Dataset items

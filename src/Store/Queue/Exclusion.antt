-- ===== src/Store/Queue/Exclusion.antt =====
-- Which calls of internal/store leave the lease of a search to the job that holds it.
use mathlib.Core.Bool.{true≢false}
use subsyncd.Common.{
  ℕ, Bool, not, ltb, List, ◌≡◌, ◌&&◌, true, ◌∷◌, ◌<◌, false, sym, [], arith, ltb→lt, negated,
  and_right, and_left,
}
use subsyncd.Common.Text.{String, str_eq}
use subsyncd.Common.Time.{Instant}
use subsyncd.Store.Queue.History.{
  apply_change, run_changes, Change, schedule, upsert_state, settle, clear_resume, upgrade,
  retry_throttled, reject, disarm, delete, claim, renew, release, lease_due, complete, clear_media,
  replace_media, rank_instances, reorder, backfill, forget,
}
use subsyncd.Store.Queue.Resume.{Repository}
use subsyncd.Store.Queue.Rows.{SearchRow, Media}
use subsyncd.Store.Queue.Holding.{IsHeld}
use subsyncd.Store.Queue.Inventory.{in_instance}
use subsyncd.Store.Queue.HeldChanges.{
  schedule-Held, settle-Held, clear-Held, upgrade-Held, retry-Held, reject-Held, disarm-Held,
  delete-Held,
}
use subsyncd.Store.Queue.HeldLeases.{
  claim-Held, renew-Held, release-Held, lease_due-Held, complete-Held,
}
use subsyncd.Store.Queue.HeldInventory.{
  clear_media_resume-Held, schedule_replaced_media-Held, rank_instances-Held, reorder_media-Held,
  backfill-Held, forget_searches-Held,
}

-- The calls that may come while `job` holds the lease of a search of the file `id` until a time:
-- those that claim leases, that settle a search or that reject a subtitle are made before it, those
-- that claim, settle, renew, release or complete are for another job, and an instance that is
-- forgotten is not that of the file. `UpsertSearchStateWithPriority` is left out, since it restarts
-- a search whoever holds it.
unfoldable pub is_foreign : ℕ → String → Instant → Media → Change → Bool
is_foreign id job until media (schedule o id' language at priority unsupported) = true
is_foreign id job until media (upsert_state o id' language next priority) = false
is_foreign id job until media (settle id' language outcome now owner) =
    ltb now until && not (str_eq job owner)
is_foreign id job until media (clear_resume id' language) = true
is_foreign id job until media (upgrade o id' language next) = true
is_foreign id job until media (retry_throttled now languages) = true
is_foreign id job until media (reject o id' language now lease) = ltb now until
is_foreign id job until media (disarm id' language) = true
is_foreign id job until media (delete id') = true
is_foreign id job until media (claim o id' language other now lease) =
    ltb now until && not (str_eq job other)
is_foreign id job until media (renew other now duration) = not (str_eq job other)
is_foreign id job until media (release other) = not (str_eq job other)
is_foreign id job until media (lease_due ids now limit duration paused) = ltb now until
is_foreign id job until media (complete clock c) = not (str_eq job c.job_id)
is_foreign id job until media (clear_media id') = true
is_foreign id job until media (replace_media id' installed now) = true
is_foreign id job until media (rank_instances rank) = true
is_foreign id job until media (reorder id' o) = true
is_foreign id job until media (backfill ids instances languages now) = true
is_foreign id job until media (forget name) = not (in_instance media name id)

before_of : (m n : ℕ) (b : Bool) → (ltb m n && b) ≡ true → m < n
before_of m n b h = ground arith

other_of : (m n : ℕ) (b : Bool) → (ltb m n && not b) ≡ true → b ≡ false
other_of m n b h = ground arith

module _ (id : ℕ) (language job : String) (until : Instant) where
  abbrev Held : List SearchRow → Type 0
  Held = IsHeld id language job until

  apply_change-Held :
      (repo : Repository) (media : Media) (change : Change) (rows : List SearchRow)
      → is_foreign id job until media change ≡ true
      → Held rows
      → Held (apply_change repo media change rows)
  unfolding apply_change is_foreign
  apply_change-Held repo media (schedule o id' lang at priority unsupported) rows f h =
      schedule-Held id language job until o id' lang at priority unsupported rows h
  apply_change-Held repo media (upsert_state o id' lang next priority) rows f h =
      absurd (true≢false (sym f))
  apply_change-Held repo media (settle id' lang outcome now owner) rows f h =
      settle-Held id language job until id' lang outcome now owner rows (before_of now until _ f)
        (other_of now until _ f) h
  apply_change-Held repo media (clear_resume id' lang) rows f h =
      clear-Held id language job until id' lang rows h
  apply_change-Held repo media (upgrade o id' lang next) rows f h =
      upgrade-Held id language job until media o id' lang next rows h
  apply_change-Held repo media (retry_throttled now languages) rows f h =
      retry-Held id language job until media now languages rows h
  apply_change-Held repo media (reject o id' lang now lease) rows f h =
      reject-Held id language job until o id' lang now lease rows (ltb→lt now until f) h
  apply_change-Held repo media (disarm id' lang) rows f h =
      disarm-Held id language job until id' lang rows h
  apply_change-Held repo media (delete id') rows f h = delete-Held id language job until id' rows h
  apply_change-Held repo media (claim o id' lang other now lease) rows f h =
      claim-Held id language job until o id' lang other now lease rows (before_of now until _ f)
        (other_of now until _ f) h
  apply_change-Held repo media (renew other now duration) rows f h =
      renew-Held id language job until other now duration rows (negated _ f) h
  apply_change-Held repo media (release other) rows f h =
      release-Held id language job until other rows (negated _ f) h
  apply_change-Held repo media (lease_due ids now limit duration paused) rows f h =
      lease_due-Held id language job until repo media ids now limit duration paused rows
        (ltb→lt now until f) h
  apply_change-Held repo media (complete clock c) rows f h =
      complete-Held id language job until repo media clock c rows (negated _ f) h
  apply_change-Held repo media (clear_media id') rows f h =
      clear_media_resume-Held id language job until id' rows h
  apply_change-Held repo media (replace_media id' installed now) rows f h =
      schedule_replaced_media-Held id language job until id' installed now rows h
  apply_change-Held repo media (rank_instances rank) rows f h =
      rank_instances-Held id language job until media rank rows h
  apply_change-Held repo media (reorder id' o) rows f h =
      reorder_media-Held id language job until id' o rows h
  apply_change-Held repo media (backfill ids instances languages now) rows f h =
      backfill-Held id language job until media ids instances languages now rows h
  apply_change-Held repo media (forget name) rows f h =
      forget_searches-Held id language job until media name rows (negated _ f) h

  abbrev pub all_foreign : List (Media × Change) → Bool
  all_foreign [] = true
  all_foreign (step ∷ rest) =
      let later = all_foreign rest in is_foreign id job until step.0 step.1 && later

  -- A search that a job holds until a time stays held by it, to that time at least, through every
  -- sequence of the calls that write the table, if those that claim leases, settle a search or
  -- reject a subtitle come before that time, those that claim, settle, renew, release or complete
  -- are for other jobs, `ForgetInstance` is not called for the instance of the search's file, and
  -- `UpsertSearchStateWithPriority` is not called at all.
  pub run_changes-Held :
      (repo : Repository) (history : List (Media × Change)) (rows : List SearchRow)
      → all_foreign history ≡ true
      → IsHeld id language job until rows
      → IsHeld id language job until (run_changes repo history rows)
  unfolding run_changes
  run_changes-Held repo [] rows f h = h
  run_changes-Held repo (step ∷ rest) rows f h =
      run_changes-Held repo rest (apply_change repo step.0 step.1 rows)
        (and_right (is_foreign id job until step.0 step.1) (all_foreign rest) f)
        (apply_change-Held repo step.0 step.1 rows
          (and_left (is_foreign id job until step.0 step.1) (all_foreign rest) f) h)
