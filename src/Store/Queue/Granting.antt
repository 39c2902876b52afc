-- ===== src/Store/Queue/Granting.antt =====
-- `LeaseDueSearchesExcept` (internal/store/repository.go) leases all that it selects.
use mathlib.Core.Bool.{true≢false}
use subsyncd.Common.Time.{Instant}
use subsyncd.Store.Queue.Resume.{Repository}
use subsyncd.Store.Queue.Rows.{SearchRow, update_where, count_where, is_row, lease_free}
use subsyncd.Store.Queue.Counts.{
  key_of, count_where-update_where, once_in, count_where-any, all_rows-map2, count_where-all_rows,
  any-all_rows,
}
use subsyncd.Common.Text.{String, str_eq, eq_iff}
use subsyncd.Common.{
  List, ◌≡◌, Bool, true, if◌then◌else◌, false, refl, ◌==◌, Bool-cases, ◌&&◌, inl, inr, sym, Option,
  ℕ, arith, some, ==_iff, ◌∷◌, leb, suc, [], ◌∙◌, ◌≤◌, map, ◌<◌, not, length, any, ◌||◌, subst,
  and_right, and_left, and_true, negated,
}
use subsyncd.Store.Queue.Shape.{unique, all_rows, any-update_where}
use subsyncd.Store.Queue.Holding.{guards, IsHeld, held}
use subsyncd.Store.Queue.Keeps.{claim_row-key}
use subsyncd.Store.Queue.Grants.{
  resume_of, SearchLease, reset_resume, lease_rows, lease_row, lease_of,
}
use subsyncd.Store.Queue.Leases.{claim_row}
use subsyncd.Store.Queue.TableLeases.{rows_or}
use subsyncd.Store.Queue.HeldLeases.{lease_rows-Held}

-- The rows that the claim of a selected search may take.
abbrev pub free_at : Instant → SearchRow → SearchRow → Bool
free_at now d s = is_row d.media_id d.language s && lease_free now s

-- The claim takes one row.
abbrev pub takes_one : Instant → List SearchRow → SearchRow → Bool
takes_one now rows d = count_where (free_at now d) rows == 1 && once_in rows d

reset-free_at : (now : Instant) (d r : SearchRow) → free_at now d (reset_resume r) ≡ free_at now d r
unfolding reset_resume
reset-free_at now d r = refl

cleaned : Repository → Instant → SearchRow → List SearchRow → List SearchRow
cleaned repo now r rows =
    if (resume_of repo now r).1
    then update_where (is_row r.media_id r.language) reset_resume rows
    else rows

count-cleaned :
    (repo : Repository) (now : Instant) (r d : SearchRow) (rows : List SearchRow)
    → count_where (free_at now d) (cleaned repo now r rows) ≡ count_where (free_at now d) rows
unfolding cleaned
count-cleaned repo now r d rows = elim (Bool-cases (resume_of repo now r).1) [
  | inl y ↦ rw y (
      count_where-update_where (free_at now d) (is_row r.media_id r.language) reset_resume
        (λ s _. reset-free_at now d s) rows)
  | inr n ↦ rw n refl
]

key-cleaned :
    (repo : Repository) (now : Instant) (r d : SearchRow) (rows : List SearchRow)
    → count_where (key_of d) (cleaned repo now r rows) ≡ count_where (key_of d) rows
unfolding cleaned reset_resume
key-cleaned repo now r d rows = elim (Bool-cases (resume_of repo now r).1) [
  | inl y ↦ rw y (
      count_where-update_where (key_of d) (is_row r.media_id r.language) reset_resume (λ s _. refl)
        rows)
  | inr n ↦ rw n refl
]

-- The rows after the claim, and whether it took one.
lease_row-cleaned :
    (repo : Repository) (now until : Instant) (job : String) (r : SearchRow) (rows : List SearchRow)
    → lease_row repo now until job r rows ≡ (
      update_where (free_at now r) (claim_row job until) (cleaned repo now r rows),
      count_where (free_at now r) (cleaned repo now r rows) == 1,
    )
unfolding lease_row cleaned
lease_row-cleaned repo now until job r rows = refl

lease_row-claims :
    (repo : Repository) (now until : Instant) (job : String) (r : SearchRow) (rows : List SearchRow)
    → takes_one now rows r ≡ true
    → (lease_row repo now until job r rows).1 ≡ true
lease_row-claims repo now until job r rows h =
    rw (lease_row-cleaned repo now until job r rows, count-cleaned repo now r r rows)
      (and_left (count_where (free_at now r) rows == 1) (once_in rows r) h)

nat_via : (a b c : ℕ) → (a == b) ≡ true → (a == c) ≡ true → (b == c) ≡ true
nat_via a b c h k = ground arith

text_via : (a b c : String) → str_eq a b ≡ true → str_eq a c ≡ true → str_eq b c ≡ true
text_via a b c h k = (eq_iff b c).1 (sym ((eq_iff a b).0 h) ∙ (eq_iff a c).0 k)

-- A row is of one key only.
key_once : (r d s : SearchRow) → key_of r d ≡ false → key_of r s ≡ true → key_of d s ≡ false
key_once r d s h k = elim (Bool-cases (key_of d s)) [
  | inr n ↦ n
  | inl y ↦ absurd (
      true≢false (
        sym (
          and_true (d.media_id == r.media_id) (str_eq d.language r.language)
            (nat_via s.media_id d.media_id r.media_id
              (and_left (s.media_id == d.media_id) (str_eq s.language d.language) y)
              (and_left (s.media_id == r.media_id) (str_eq s.language r.language) k))
            (text_via s.language d.language r.language
              (and_right (s.media_id == d.media_id) (str_eq s.language d.language) y)
              (and_right (s.media_id == r.media_id) (str_eq s.language r.language) k)))
        ∙ h))
]

-- The claim of one search leaves what another takes.
lease_row-takes_one :
    (repo : Repository) (now until : Instant) (job : String) (r d : SearchRow)
    (rows : List SearchRow)
    → key_of r d ≡ false
    → takes_one now rows d ≡ true
    → takes_one now (lease_row repo now until job r rows).0 d ≡ true
unfolding claim_row
lease_row-takes_one repo now until job r d rows n h =
    rw
      (
        lease_row-cleaned repo now until job r rows,
        count_where-update_where (free_at now d) (free_at now r) (claim_row job until)
            (λ s y. rw (key_once r d s n (and_left (key_of r s) (lease_free now s) y)) refl)
            (cleaned repo now r rows),
        count_where-update_where (key_of d) (free_at now r) (claim_row job until) (λ s y. refl)
            (cleaned repo now r rows),
        count-cleaned repo now r d rows,
        key-cleaned repo now r d rows,
      )
      h

str_eq_self : (t : String) → str_eq t t ≡ true
str_eq_self t = (eq_iff t t).1 refl

leb_self : (n : ℕ) → leb n n ≡ true
leb_self n = ground arith

no_ids : (n : ℕ) → ¬ (suc n ≤ 0)
no_ids n h = omega arith

fewer : (m n : ℕ) → suc m ≤ suc n → m ≤ n
fewer m n h = omega arith

claimed-guards :
    (now until : Instant) (job : String) (r : SearchRow) (rows : List SearchRow)
    → all_rows (λ s. not (key_of r s) || lease_free now s) rows ≡ true
    → all_rows
        (guards r.media_id r.language job until)
        (update_where (free_at now r) (claim_row job until) rows)
      ≡ true
unfolding guards held claim_row
claimed-guards now until job r [] h = refl
claimed-guards now until job r (s ∷ rows) h =
    ground (arith, claimed-guards now until job r rows, str_eq_self job, leb_self until)

-- The claimed search is held by its job.
lease_row-IsHeld :
    (repo : Repository) (now until : Instant) (job : String) (r : SearchRow) (rows : List SearchRow)
    → takes_one now rows r ≡ true
    → IsHeld r.media_id r.language job until (lease_row repo now until job r rows).0
lease_row-IsHeld repo now until job r rows h =
    let one : count_where (free_at now r) rows ≡ 1 =
      (==_iff (count_where (free_at now r) rows) 1).0
        (and_left (count_where (free_at now r) rows == 1) (once_in rows r) h) in
    let once : count_where (key_of r) rows ≡ 1 =
      (==_iff (count_where (key_of r) rows) 1).0
        (and_right (count_where (free_at now r) rows == 1) (once_in rows r) h) in
    let table = cleaned repo now r rows in
    record {
      present =
          rw
            (
              lease_row-cleaned repo now until job r rows,
              any-update_where (free_at now r) (claim_row job until) (claim_row-key job until)
                  r.media_id r.language table,
            )
            (count_where-any (key_of r) table (key-cleaned repo now r r rows ∙ once));
      guarded = rw (lease_row-cleaned repo now until job r rows) (
          claimed-guards now until job r table (
            count_where-all_rows (key_of r) (lease_free now) table (
              key-cleaned repo now r r rows ∙ once ∙ sym (count-cleaned repo now r r rows ∙ one))));
    }

-- The key of a search, and those of the leases.
abbrev pub key : SearchRow → ℕ × String
key r = (r.media_id, r.language)

abbrev pub lease_key : SearchLease → ℕ × String
lease_key l = (l.media_id, l.language)

-- Each lease is in effect in the table, to the time at least.
abbrev pub AllHeld : Instant → List SearchRow → List SearchLease → Type 0
AllHeld until rows [] = Unit {0}
AllHeld until rows (l ∷ leases) =
    IsHeld l.media_id l.language l.job_id until rows × AllHeld until rows leases

abbrev pub Granted : Instant → List SearchRow → Option (List SearchRow × List SearchLease) → Type 0
Granted until due result =
    (rows : List SearchRow) × (leases : List SearchLease) × (result ≡ some (rows, leases))
    × (map lease_key leases ≡ map key due)
    × AllHeld until rows leases

pub lease_rows-Granted :
    (repo : Repository) (now until : Instant) (ids : List String) (due rows : List SearchRow)
    → now < until
    → unique due ≡ true
    → length due ≤ length ids
    → all_rows (takes_one now rows) due ≡ true
    → Granted until due (lease_rows repo now until ids due rows)
unfolding lease_rows lease_of unique
lease_rows-Granted repo now until ids [] rows l u n t = (rows, [], refl, refl, tt)
lease_rows-Granted repo now until [] (r ∷ due) rows l u n t = absurd (no_ids (length due) n)
lease_rows-Granted repo now until (job ∷ ids) (r ∷ due) rows l u n t =
    let here = and_left (takes_one now rows r) (all_rows (takes_one now rows) due) t in
    let alone = and_left (not (any (key_of r) due)) (unique due) u in
    let rows' = (lease_row repo now until job r rows).0 in
    let (last, leases, eq, keys, held_all) =
      lease_rows-Granted repo now until ids due rows' l
        (and_right (not (any (key_of r) due)) (unique due) u) (fewer (length due) (length ids) n)
        (all_rows-map2 (λ d. not (key_of r d)) (takes_one now rows) (takes_one now rows')
          (λ d m. lease_row-takes_one repo now until job r d rows (negated (key_of r d) m)) due
          (any-all_rows (key_of r) (λ d. not (key_of r d)) due (λ d m. rw m refl)
            (negated (any (key_of r) due) alone))
          (and_right (takes_one now rows r) (all_rows (takes_one now rows) due) t)) in
    let mine = lease_row-IsHeld repo now until job r rows here in
    (
      last,
      lease_of repo now until job r ∷ leases,
      rw (eq, lease_row-claims repo now until job r rows here) refl,
      rw keys refl,
      (
        subst (λ x. IsHeld r.media_id r.language job until (rows_or rows' x)) eq
            (lease_rows-Held r.media_id r.language job until repo now until ids due rows' rows' l
              mine mine),
        held_all,
      ),
    )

* _What needs to be done_:
Tally up the lines above containing "ground"; the number is the full answer.

* _Result for this exercise_:
5